[Records from a data collection]
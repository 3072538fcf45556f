-- ===== src/LocalSockets.antt =====
-- Sockets/TCP_local and the server of Sockets/UDP_local: programs that make one exchange over a
-- socket in the file system, with a test behind each call. What the calls return comes in from
-- outside. The path is a constant that fits its field, so the test on its length is left out, as is
-- log output but for the messages.
pub mod Cleanup
pub mod Internet
mod Tests
use eltex_lessons.Base.{
  ℕ, Bool, true, false, Option, none, some, List, [], ◌∷◌, ◌==◌, if◌then◌else◌,
}
use eltex_lessons.Text.{Bytes, codes, before}

-- The descriptors that a process has open, whether the socket file is there, what was sent on a
-- descriptor, and the messages that were printed.
pub record World : Type 0 where
  pub open_fds : List ℕ
  pub file : Bool
  pub messages_sent : List (ℕ × Bytes)
  pub printed : List Bytes

abbrev pub remove_fd : ℕ → List ℕ → List ℕ
remove_fd fd [] = []
remove_fd fd (x ∷ xs) = if x == fd then xs else x ∷ remove_fd fd xs

abbrev pub socket_made : ℕ → World → World
socket_made fd w = record w { open_fds = fd ∷ w.open_fds }

abbrev pub close_socket : ℕ → World → World
close_socket fd w = record w { open_fds = remove_fd fd w.open_fds }

abbrev pub file_made : World → World
file_made w = record w { file = true }

abbrev pub unlink_path : World → World
unlink_path w = record w { file = false }

abbrev pub print_message : Bytes → World → World
print_message text w = record w { printed = before 0 text ∷ w.printed }

abbrev pub send_message : ℕ → Bytes → World → World
send_message fd text w = record w { messages_sent = (fd, text) ∷ w.messages_sent }

-- What the calls return: `none` or `false` for -1.
pub record Calls : Type 0 where
  pub socket : Option ℕ
  pub bind_ok : Bool
  pub listen_ok : Bool
  pub connect_ok : Bool
  pub accept : Option ℕ
  pub read : Option Bytes
  pub write_ok : Bool

-- TCP_local/Server/Server.c from its last call back to the first, each with the exit status.
unfoldable pub tcp_reply : Bool → ℕ → ℕ → World → World × ℕ
tcp_reply false fd client w = (unlink_path (close_socket fd (close_socket client w)), 1)
tcp_reply true fd client w =
    (unlink_path (close_socket fd (close_socket client (send_message client (codes "Hi!") w))), 0)

unfoldable pub tcp_read : Option Bytes → Calls → ℕ → ℕ → World → World × ℕ
tcp_read none c fd client w = (unlink_path (close_socket fd (close_socket client w)), 1)
tcp_read (some []) c fd client w = (unlink_path (close_socket fd (close_socket client w)), 0)
tcp_read (some (b ∷ bs)) c fd client w = tcp_reply c.write_ok fd client (print_message (b ∷ bs) w)

unfoldable pub tcp_accept : Option ℕ → Calls → ℕ → World → World × ℕ
tcp_accept none c fd w = (unlink_path (close_socket fd w), 1)
tcp_accept (some client) c fd w = tcp_read c.read c fd client (socket_made client w)

unfoldable pub tcp_listen : Bool → Calls → ℕ → World → World × ℕ
tcp_listen false c fd w = (unlink_path (close_socket fd w), 1)
tcp_listen true c fd w = tcp_accept c.accept c fd w

unfoldable pub tcp_bind : Bool → Calls → ℕ → World → World × ℕ
tcp_bind false c fd w = (close_socket fd w, 1)
tcp_bind true c fd w = tcp_listen c.listen_ok c fd (file_made w)

unfoldable pub tcp_socket : Option ℕ → Calls → World → World × ℕ
tcp_socket none c w = (w, 1)
tcp_socket (some fd) c w = tcp_bind c.bind_ok c fd (socket_made fd w)

unfoldable pub tcp_server : Calls → World → World × ℕ
tcp_server c w = tcp_socket c.socket c (unlink_path w)

-- TCP_local/Client/Client.c, likewise.
unfoldable pub client_read : Option Bytes → ℕ → World → World × ℕ
client_read none fd w = (close_socket fd w, 1)
client_read (some []) fd w = (close_socket fd w, 0)
client_read (some (b ∷ bs)) fd w = (close_socket fd (print_message (b ∷ bs) w), 0)

unfoldable pub client_write : Bool → Calls → ℕ → World → World × ℕ
client_write false c fd w = (close_socket fd w, 1)
client_write true c fd w = client_read c.read fd (send_message fd (codes "Hello!") w)

unfoldable pub client_connect : Bool → Calls → ℕ → World → World × ℕ
client_connect false c fd w = (close_socket fd w, 1)
client_connect true c fd w = client_write c.write_ok c fd w

unfoldable pub client_socket : Option ℕ → Calls → World → World × ℕ
client_socket none c w = (w, 1)
client_socket (some fd) c w = client_connect c.connect_ok c fd (socket_made fd w)

unfoldable pub tcp_client : Calls → World → World × ℕ
tcp_client c w = client_socket c.socket c w

-- UDP_local/Server/server.c, likewise; `read` is what recvfrom returns, an empty datagram included.
unfoldable pub udp_reply : Bool → ℕ → World → World × ℕ
udp_reply false fd w = (unlink_path (close_socket fd w), 1)
udp_reply true fd w = (unlink_path (close_socket fd (send_message fd (codes "Hi!") w)), 0)

unfoldable pub udp_receive : Option Bytes → Calls → ℕ → World → World × ℕ
udp_receive none c fd w = (unlink_path (close_socket fd w), 1)
udp_receive (some text) c fd w = udp_reply c.write_ok fd (print_message text w)

unfoldable pub udp_bind : Bool → Calls → ℕ → World → World × ℕ
udp_bind false c fd w = (close_socket fd w, 1)
udp_bind true c fd w = udp_receive c.read c fd (file_made w)

unfoldable pub udp_socket : Option ℕ → Calls → World → World × ℕ
udp_socket none c w = (w, 1)
udp_socket (some fd) c w = udp_bind c.bind_ok c fd (unlink_path (socket_made fd w))

unfoldable pub udp_server : Calls → World → World × ℕ
udp_server c w = udp_socket c.socket c w
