-- ===== src/LocalSockets/Cleanup.antt =====
-- The three programs clean up, whatever fails.
use eltex_lessons.Base.{
  ℕ, ◌≡◌, refl, ◌∙◌, ap, Bool, true, false, Option, none, some, List, [], ◌∷◌, arith,
}
use eltex_lessons.Text.{Bytes, codes}
use eltex_lessons.LocalSockets.{
  World, remove_fd, socket_made, close_socket, file_made, unlink_path, print_message, send_message,
  Calls, tcp_reply, tcp_read, tcp_accept, tcp_listen, tcp_bind, tcp_socket, tcp_server, client_read,
  client_write, client_connect, client_socket, tcp_client, udp_reply, udp_receive, udp_bind,
  udp_socket, udp_server,
}

-- The descriptors are those of before, the socket file is there or not as `f` says; and if the
-- status is 1, nothing has been sent.
pub record Clean (w : World) (f : Bool) (r : World × ℕ) : Type 0 where
  pub closed : r.0.open_fds ≡ w.open_fds
  pub path : r.0.file ≡ f
  pub unsent : r.1 ≡ 1 → r.0.messages_sent ≡ w.messages_sent

remove_fd_first : (fd : ℕ) (fds : List ℕ) → remove_fd fd (fd ∷ fds) ≡ fds
remove_fd_first fd fds = ground arith

close_both :
    (fd client : ℕ) (fds : List ℕ) → remove_fd fd (remove_fd client (client ∷ fd ∷ fds)) ≡ fds
close_both fd client fds = rw (remove_fd_first client (fd ∷ fds)) (remove_fd_first fd fds)

pub close_one : (fd : ℕ) (xs fds : List ℕ) → xs ≡ fd ∷ fds → remove_fd fd xs ≡ fds
close_one fd xs fds e = ap (remove_fd fd) e ∙ remove_fd_first fd fds

pub close_two :
    (fd client : ℕ) (xs fds : List ℕ)
    → xs ≡ client ∷ fd ∷ fds
    → remove_fd fd (remove_fd client xs) ≡ fds
close_two fd client xs fds e =
    ap (λ ys. remove_fd fd (remove_fd client ys)) e ∙ close_both fd client fds

-- A world with one descriptor, or two, more than `w`, in which nothing more has been sent.
record One (fd : ℕ) (w v : World) : Type 0 where
  fds : v.open_fds ≡ fd ∷ w.open_fds
  same : v.messages_sent ≡ w.messages_sent

record Two (fd client : ℕ) (w v : World) : Type 0 where
  fds : v.open_fds ≡ client ∷ fd ∷ w.open_fds
  same : v.messages_sent ≡ w.messages_sent

tcp_reply_lem :
    (b : Bool) (fd client : ℕ) (w v : World)
    → Two fd client w v
    → Clean w false (tcp_reply b fd client v)
unfolding tcp_reply
tcp_reply_lem false fd client w v t = record {
  closed = close_two fd client v.open_fds w.open_fds t.fds;
  path = refl;
  unsent = λ e. t.same;
}
tcp_reply_lem true fd client w v t = record {
  closed = close_two fd client v.open_fds w.open_fds t.fds;
  path = refl;
  unsent = λ e. absurd (omega arith);
}

tcp_read_lem :
    (r : Option Bytes) (c : Calls) (fd client : ℕ) (w v : World)
    → Two fd client w v
    → Clean w false (tcp_read r c fd client v)
unfolding tcp_read
tcp_read_lem none c fd client w v t = record {
  closed = close_two fd client v.open_fds w.open_fds t.fds;
  path = refl;
  unsent = λ e. t.same;
}
tcp_read_lem (some []) c fd client w v t = record {
  closed = close_two fd client v.open_fds w.open_fds t.fds;
  path = refl;
  unsent = λ e. absurd (omega arith);
}
tcp_read_lem (some (b ∷ bs)) c fd client w v t =
    tcp_reply_lem c.write_ok fd client w (print_message (b ∷ bs) v)
      (record { fds = t.fds; same = t.same })

tcp_bind_lem :
    (b : Bool) (c : Calls) (fd : ℕ) (w v : World)
    → One fd w v
    → v.file ≡ false
    → Clean w false (tcp_bind b c fd v)
unfolding tcp_bind
tcp_bind_lem false c fd w v o f = record {
  closed = close_one fd v.open_fds w.open_fds o.fds;
  path = f;
  unsent = λ e. o.same;
}
tcp_bind_lem true c fd w v o f =
    at_listen c.listen_ok (file_made v) (record { fds = o.fds; same = o.same })
  where
    at_accept : (a : Option ℕ) (u : World) → One fd w u → Clean w false (tcp_accept a c fd u)
    at_accept none u o =
        unfold tcp_accept in
        record {
          closed = close_one fd u.open_fds w.open_fds o.fds;
          path = refl;
          unsent = λ e. o.same;
        }
    at_accept (some client) u o =
        unfold tcp_accept in
        tcp_read_lem c.read c fd client w (socket_made client u)
          (record { fds = ap (λ xs. client ∷ xs) o.fds; same = o.same })

    at_listen : (b : Bool) (u : World) → One fd w u → Clean w false (tcp_listen b c fd u)
    at_listen false u o =
        unfold tcp_listen in
        record {
          closed = close_one fd u.open_fds w.open_fds o.fds;
          path = refl;
          unsent = λ e. o.same;
        }
    at_listen true u o = unfold tcp_listen in at_accept c.accept u o

tcp_server_lem : (c : Calls) (w : World) → Clean w false (tcp_server c w)
unfolding tcp_server
tcp_server_lem c w = at_socket c.socket
  where
    at_socket : (s : Option ℕ) → Clean w false (tcp_socket s c (unlink_path w))
    at_socket none = unfold tcp_socket in record { closed = refl; path = refl; unsent = λ e. refl }
    at_socket (some fd) =
        unfold tcp_socket in
        tcp_bind_lem c.bind_ok c fd w (socket_made fd (unlink_path w))
          (record { fds = refl; same = refl }) refl

-- The same of the client: a status of 1 says that it has printed no reply.
pub record Tidy (w : World) (r : World × ℕ) : Type 0 where
  pub closed : r.0.open_fds ≡ w.open_fds
  pub path : r.0.file ≡ w.file
  pub unprinted : r.1 ≡ 1 → r.0.printed ≡ w.printed

-- A world with one descriptor more, in which nothing more has been printed.
record Asked (fd : ℕ) (w v : World) : Type 0 where
  fds : v.open_fds ≡ fd ∷ w.open_fds
  path : v.file ≡ w.file
  same : v.printed ≡ w.printed

client_connect_lem :
    (b : Bool) (c : Calls) (fd : ℕ) (w v : World) → Asked fd w v → Tidy w (client_connect b c fd v)
client_connect_lem b c fd w v asked = at_connect b
  where
    left : (u : World) → Asked fd w u → Tidy w (close_socket fd u, 1)
    left u o = record {
      closed = close_one fd u.open_fds w.open_fds o.fds;
      path = o.path;
      unprinted = λ e. o.same;
    }

    done :
        (u : World) → u.open_fds ≡ fd ∷ w.open_fds → u.file ≡ w.file → Tidy w (close_socket fd u, 0)
    done u o f = record {
      closed = close_one fd u.open_fds w.open_fds o;
      path = f;
      unprinted = λ e. absurd (omega arith);
    }

    at_read : (r : Option Bytes) (u : World) → Asked fd w u → Tidy w (client_read r fd u)
    at_read none u o = unfold client_read in left u o
    at_read (some []) u o = unfold client_read in done u o.fds o.path
    at_read (some (x ∷ xs)) u o = unfold client_read in done (print_message (x ∷ xs) u) o.fds o.path

    at_write : (b : Bool) (u : World) → Asked fd w u → Tidy w (client_write b c fd u)
    at_write false u o = unfold client_write in left u o
    at_write true u o =
        unfold client_write in
        at_read c.read (send_message fd (codes "Hello!") u)
          (record { fds = o.fds; path = o.path; same = o.same })

    at_connect : (b : Bool) → Tidy w (client_connect b c fd v)
    at_connect false = unfold client_connect in left v asked
    at_connect true = unfold client_connect in at_write c.write_ok v asked

tcp_client_lem : (c : Calls) (w : World) → Tidy w (tcp_client c w)
unfolding tcp_client
tcp_client_lem c w = at_socket c.socket
  where
    at_socket : (s : Option ℕ) → Tidy w (client_socket s c w)
    at_socket none =
        unfold client_socket in record { closed = refl; path = refl; unprinted = λ e. refl }
    at_socket (some fd) =
        unfold client_socket in
        client_connect_lem c.connect_ok c fd w (socket_made fd w)
          (record { fds = refl; path = refl; same = refl })

udp_bind_lem :
    (b : Bool) (c : Calls) (fd : ℕ) (w v : World)
    → One fd w v
    → v.file ≡ false
    → Clean w false (udp_bind b c fd v)
unfolding udp_bind
udp_bind_lem false c fd w v o f = record {
  closed = close_one fd v.open_fds w.open_fds o.fds;
  path = f;
  unsent = λ e. o.same;
}
udp_bind_lem true c fd w v o f =
    at_receive c.read (file_made v) (record { fds = o.fds; same = o.same })
  where
    at_reply : (b : Bool) (u : World) → One fd w u → Clean w false (udp_reply b fd u)
    at_reply false u o =
        unfold udp_reply in
        record {
          closed = close_one fd u.open_fds w.open_fds o.fds;
          path = refl;
          unsent = λ e. o.same;
        }
    at_reply true u o =
        unfold udp_reply in
        record {
          closed = close_one fd u.open_fds w.open_fds o.fds;
          path = refl;
          unsent = λ e. absurd (omega arith);
        }

    at_receive : (r : Option Bytes) (u : World) → One fd w u → Clean w false (udp_receive r c fd u)
    at_receive none u o =
        unfold udp_receive in
        record {
          closed = close_one fd u.open_fds w.open_fds o.fds;
          path = refl;
          unsent = λ e. o.same;
        }
    at_receive (some text) u o =
        unfold udp_receive in
        at_reply c.write_ok (print_message text u) (record { fds = o.fds; same = o.same })

-- Where the socket is the first call, its failure leaves an old file.
abbrev pub left_file : Calls → World → Bool
left_file c w = elim c.socket [ none ↦ w.file | some fd ↦ false ]

udp_server_lem : (c : Calls) (w : World) → Clean w (left_file c w) (udp_server c w)
unfolding udp_server
udp_server_lem c w = at_socket c.socket
  where
    at_socket :
        (s : Option ℕ) → Clean w (elim s [ none ↦ w.file | some fd ↦ false ]) (udp_socket s c w)
    at_socket none = unfold udp_socket in record { closed = refl; path = refl; unsent = λ e. refl }
    at_socket (some fd) =
        unfold udp_socket in
        udp_bind_lem c.bind_ok c fd w (unlink_path (socket_made fd w))
          (record { fds = refl; same = refl }) refl

pub programs_lem :
    (c : Calls) (w : World)
    → Clean w false (tcp_server c w)
      × Clean w (left_file c w) (udp_server c w)
      × Tidy w (tcp_client c w)
programs_lem c w = (tcp_server_lem c w, udp_server_lem c w, tcp_client_lem c w)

* **What you should do**
Please give only the count of lines above containing "before".

* **Answer box**
3